1.Take the one-dimensional Fourier transform for each projection.

2.Multiply the resultant transformation by the frequency filter.

3.Compute the inverse Fourier transform of the filtered projection.

4.Back-project the data for each projection angle.

However, the side effect of the ramp filtering using equation (2.9) is that high-frequency components in the image that tend to be dominated by statistical noise are amplified [32]. The detectability of lesion or tumor is therefore severely hampered by this noise amplification during reconstruction by FBP, particularly when the scan duration is short or the number of counts recorded is low. To obtain better image quality, it is desirable to attenuate the high-frequency components by using some window functions, such as the Shepp–Logan or the Hann windows, which modify the shape of the ramp filter at higher frequencies [33]. Unfortunately, the attenuation of higher frequencies in filtering process will degrade the spatial resolution of the reconstructed images, and we will briefly discuss it in Section 2.13.

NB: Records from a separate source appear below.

-- ===== src/Prompt/Tests.antt =====
-- Prompts of some lengths.
use knowlega.Base.{ℕ, zero, suc, ◌+◌, ◌≤◌, ◌<◌, ◌≡◌, [], ◌∷◌, ◌++◌, arith, length}
use knowlega.Prompt.{Runes, runes, truncation_marker, trim_middle, budget_chat_input}
use knowlega.Prompt.Bounds.{trim_middle_keeps, budget_passed}

abbrev copies : ℕ → Runes
copies zero = []
copies (suc n) = 97 ∷ copies n

trim_middle_keeps_example :
    (head : Runes) × (middle : Runes) × (tail : Runes) × (copies 120 ≡ head ++ (middle ++ tail))
    × (trim_middle (copies 120) 100 ≡ head ++ (truncation_marker ++ tail))
    × (length head + length tail + length truncation_marker ≡ 100)
    × (length head ≤ length tail)
    × (length tail ≤ length head + 1)
trim_middle_keeps_example =
    trim_middle_keeps (copies 120) 100 (unfold truncation_marker in omega arith) (omega arith)

budget_passed_example : 300 < length (budget_chat_input (copies 600) (runes "user") 300).0
budget_passed_example =
    budget_passed (copies 600) (runes "user") 300 (omega arith) (omega arith) (omega arith)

2.10.2 Iterative Reconstruction

Alternatively, emission tomographic images can be reconstructed with iterative statistical-based reconstruction methods. Instead of using an analytical solution to produce an image of radioactivity distribution from its projection data, iterative reconstruction makes a series of image estimates, compares forwardprojections of these image estimates with the measured projection data and refines the image estimates by optimizing an objective function iteratively until a satisfactory result is obtained. Improved reconstruction compared with FBP can be achieved using these approaches, because they allow accurate modeling of statistical fluctuation (noise) in emission and transmission data and other physical processes [34, 35]. In addition, appropriate constraints (e.g. nonnegativity) and a priori information about the object (e.g. anatomic boundaries) can be incorporated into the reconstruction process so that better image quality can be achieved [36, 37].